Gather results in arrays
------------------------

Let us compute the added mass and radiation damping for all the dofs of our body::

    all_radiation_problems = [cpt.RadiationProblem(body=body, radiating_dof=dof, omega=1.0) for dof in body.dofs]
    all_radiation_results = solver.solve_all(all_radiation_problems)

Here, we used :code:`solve_all` instead of :code:`solve` since we are passing a
list of problems and not a single one. Note that this resolution should be
faster than the first one. The solver has stored some intermediate data for
this body at this wave frequency and will reuse it to solve the new problems.

The results can be gathered together as follow::

    dataset = cpt.assemble_dataset([diffraction_result] + all_radiation_results)

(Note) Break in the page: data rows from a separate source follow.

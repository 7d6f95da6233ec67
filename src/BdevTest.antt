-- ===== src/BdevTest.antt =====
-- examples/rw_test.cc: zones of a block device are reset, appended to and read back by callbacks.
pub mod Phases
pub mod Passes
pub mod Whole
pub mod Tests
use zns_emulation_bench.Prelude.{
  ℕ, zero, suc, ◌+◌, ◌*◌, ◌/◌, ◌%◌, Bool, true, false, not, if◌then◌else◌, ◌==◌, none, some, List,
  [], ◌∷◌, ◌++◌, get_elem?, remove_at, ℤ, pos, negsuc, u32, u64,
}
use zns_emulation_bench.Text.{Bytes, same_text}

-- What the block device answers to the `k`-th command: whether it takes it, and if not, whether that is
-- -ENOMEM.
pub record Bdev : Type 0 where
  pub accepts : ℕ → Bool
  pub no_memory : ℕ → Bool

-- A command in flight, with its block.
pub data Request : Type 0 where
  reset : ℕ → Request
  append : ℕ → Request
  read : ℕ → Request

-- The function that is called again when there is memory.
pub data Wait : Type 0 where
  reset_again : Wait
  read_again : Wait

-- `struct rwtest_context_t`; the 32 bits of `count`. With the commands in flight, the functions that wait
-- for memory, how often the device was closed (its channel, if there is one, is put before), the codes given to `spdk_app_stop`,
-- latest first, and the number of commands tried.
pub record Context : Type 0 where
  pub zone_size : ℕ
  pub buff_size : ℕ
  pub count : ℕ
  pub write_buff : Bytes
  pub read_buff : Bytes
  pub in_flight : List Request
  pub waits : List Wait
  pub closed : ℕ
  pub stops : List ℤ
  pub calls : ℕ

-- `spdk_put_io_channel`, `spdk_bdev_close` and `spdk_app_stop`.
abbrev pub stop : ℤ → Context → Context
stop code c = record c { closed = c.closed + 1; stops = code ∷ c.stops }

abbrev pub filled : ℕ → ℕ → Bytes
filled b zero = []
filled b (suc n) = b ∷ filled b n

abbrev pub sent : Request → Context → Context
sent r c = record c { in_flight = c.in_flight ++ r ∷ []; calls = c.calls + 1 }

abbrev pub refused : Context → Context
refused c = record c { calls = c.calls + 1 }

-- A command that may wait for memory.
abbrev pub send_or_wait : Bdev → Request → Wait → Context → Context
send_or_wait d r w c =
    if d.accepts c.calls
    then sent r c
    else if d.no_memory c.calls
    then record (refused c) { waits = c.waits ++ w ∷ [] }
    else stop (negsuc 0) (refused c)

-- `read_zone`.
unfoldable pub read_zone : Bdev → Context → Context
read_zone d c =
    send_or_wait d (read 0) read_again (record c { count = 0; read_buff = filled 0x34 c.buff_size })

-- The block that is read when `count` blocks have been.
abbrev pub lba_of : Context → ℕ
lba_of c = u64 (u64 (c.count / 0x100 * c.zone_size) + c.count % 0x100)

-- The end of `read_zone_complete`: the next block is read.
unfoldable pub read_next : Bdev → Context → Context
read_next d c =
    if d.accepts c'.calls then sent (read (lba_of c')) c' else stop (negsuc 0) (refused c')
  where
    c' : Context
    c' = record c { read_buff = filled 0x34 c.buff_size }

-- `read_zone_complete`; `data_read` is what the read left in the buffer.
unfoldable pub read_zone_complete : Bdev → Bool → Bytes → Context → Context
unfolding same_text read_next
read_zone_complete d success data_read c =
    if not success
    then stop (negsuc 0) c
    else if not (same_text c.write_buff data_read)
    then stop (negsuc 0) (record c { read_buff = data_read })
    else if counted.count == 4 * 0x100
    then stop (pos 0) counted
    else read_next d counted
  where
    counted : Context
    counted = record c { read_buff = data_read; count = u32 (c.count + 1) }

-- The inner loop of `write_zone`, which goes on behind a refused command.
unfoldable pub append_times : Bdev → ℕ → ℕ → Context → Context
append_times d slba zero c = c
append_times d slba (suc n) c =
    append_times d slba n
      (if d.accepts c.calls then sent (append slba) c else stop (negsuc 0) (refused c))

-- Its outer loop.
unfoldable pub append_zones : Bdev → ℕ → List ℕ → Context → Context
unfolding append_times
append_zones d times [] c = c
append_zones d times (slba ∷ slbas) c = append_zones d times slbas (append_times d slba times c)

-- The starts of `n` zones from `slba` on.
abbrev pub zone_starts : ℕ → ℕ → ℕ → List ℕ
zone_starts zone_size slba zero = []
zone_starts zone_size slba (suc n) = slba ∷ zone_starts zone_size (slba + zone_size) n

-- The loops over zones do nothing if the size of a zone is 0. The zones lie below block 2^64.
abbrev pub zones : ℕ → ℕ → List ℕ
zones zone_size n = if zone_size == 0 then [] else zone_starts zone_size 0 n

-- `write_zone`.
unfoldable pub write_zone : Bdev → Context → Context
unfolding append_zones
write_zone d c =
    append_zones d 0x100 (zones c.zone_size 4)
      (record c { count = 4 * 0x100; write_buff = filled 0x12 c.buff_size })

-- `fetch_sub`, and what follows when nothing is left.
abbrev pub count_down : (Context → Context) → Context → Context
count_down next c = if c'.count == 0 then next c' else c'
  where
    c' : Context
    c' = record c { count = u32 (c.count + 0xffffffff) }

-- `write_zone_complete`.
unfoldable pub write_zone_complete : Bdev → Bool → Context → Context
unfolding read_zone
write_zone_complete d success c =
    if not success then stop (negsuc 0) c else count_down (read_zone d) c

-- `reset_zone_complete`.
unfoldable pub reset_zone_complete : Bdev → Bool → Context → Context
unfolding write_zone
reset_zone_complete d success c =
    if not success then stop (negsuc 0) c else count_down (write_zone d) c

-- The loop of `reset_zone`, which goes on behind a refused command.
unfoldable pub reset_each : Bdev → List ℕ → Context → Context
reset_each d [] c = c
reset_each d (slba ∷ slbas) c = reset_each d slbas (send_or_wait d (reset slba) reset_again c)

-- `reset_zone`.
unfoldable pub reset_zone : Bdev → Context → Context
unfolding reset_each
reset_zone d c = reset_each d (zones c.zone_size 10) (record c { count = 10 })

-- A command in flight is completed, or a function that waits is called.
pub data Event : Type 0 where
  completed : ℕ → Bool → Bytes → Event
  woken : ℕ → Event

unfoldable pub call_back : Bdev → Request → Bool → Bytes → Context → Context
unfolding reset_zone_complete write_zone_complete read_zone_complete
call_back d (reset b) success data_read c = reset_zone_complete d success c
call_back d (append b) success data_read c = write_zone_complete d success c
call_back d (read b) success data_read c = read_zone_complete d success data_read c

abbrev pub wake : Bdev → Wait → Context → Context
wake d reset_again c = reset_zone d c
wake d read_again c = read_zone d c

unfoldable pub step : Bdev → Event → Context → Context
unfolding call_back reset_zone read_zone
step d (completed i success data_read) c = elim (get_elem? c.in_flight i) [
  | none ↦ c
  | some r ↦ call_back d r success data_read (record c { in_flight = remove_at c.in_flight i })
]
step d (woken i) c = elim (get_elem? c.waits i) [
  | none ↦ c
  | some w ↦ wake d w (record c { waits = remove_at c.waits i })
]

unfoldable pub run : Bdev → List Event → Context → Context
unfolding step
run d [] c = c
run d (e ∷ es) c = run d es (step d e c)

-- What SPDK answers at the start, and what it tells of the device.
pub record Start : Type 0 where
  pub opens : Bool
  pub has_channel : Bool
  pub has_write_buff : Bool
  pub has_read_buff : Bool
  pub is_zoned : Bool
  pub block_size : ℕ
  pub write_unit_size : ℕ
  pub zone_blocks : ℕ

-- `test_start`. A device that does not open is not closed.
unfoldable pub test_start : Bdev → Start → Context → Context
unfolding reset_zone
test_start d s c =
    if not s.opens
    then record c { stops = negsuc 0 ∷ c.stops }
    else if not s.has_channel
    then stop (negsuc 0) c
    else if not s.has_write_buff
    then stop (negsuc 0) sized
    else if not s.has_read_buff
    then stop (negsuc 0) sized
    else if not s.is_zoned
    then stop (negsuc 0) sized
    else reset_zone d sized
  where
    sized : Context
    sized = record c {
      zone_size = s.zone_blocks;
      buff_size = u32 (s.block_size * s.write_unit_size);
    }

The new object is a NetCDF-like dataset from the xarray package. It is storing the added mass and
radiation damping from the result objects in an organized way. In our example, it is basically two
7×7 matrices. The matrices can be accessed for instance in the following way::

    dataset['added_mass'].sel(radiating_dof=["Surge", "Heave"], influenced_dof=["Surge", "Heave"], omega=1.0)

You'll probably want to solve problems for a wide range of parameters without
defining each test individually. This can be done with the :code:`fill_dataset`
method of the solver. See :doc:`problem_setup`.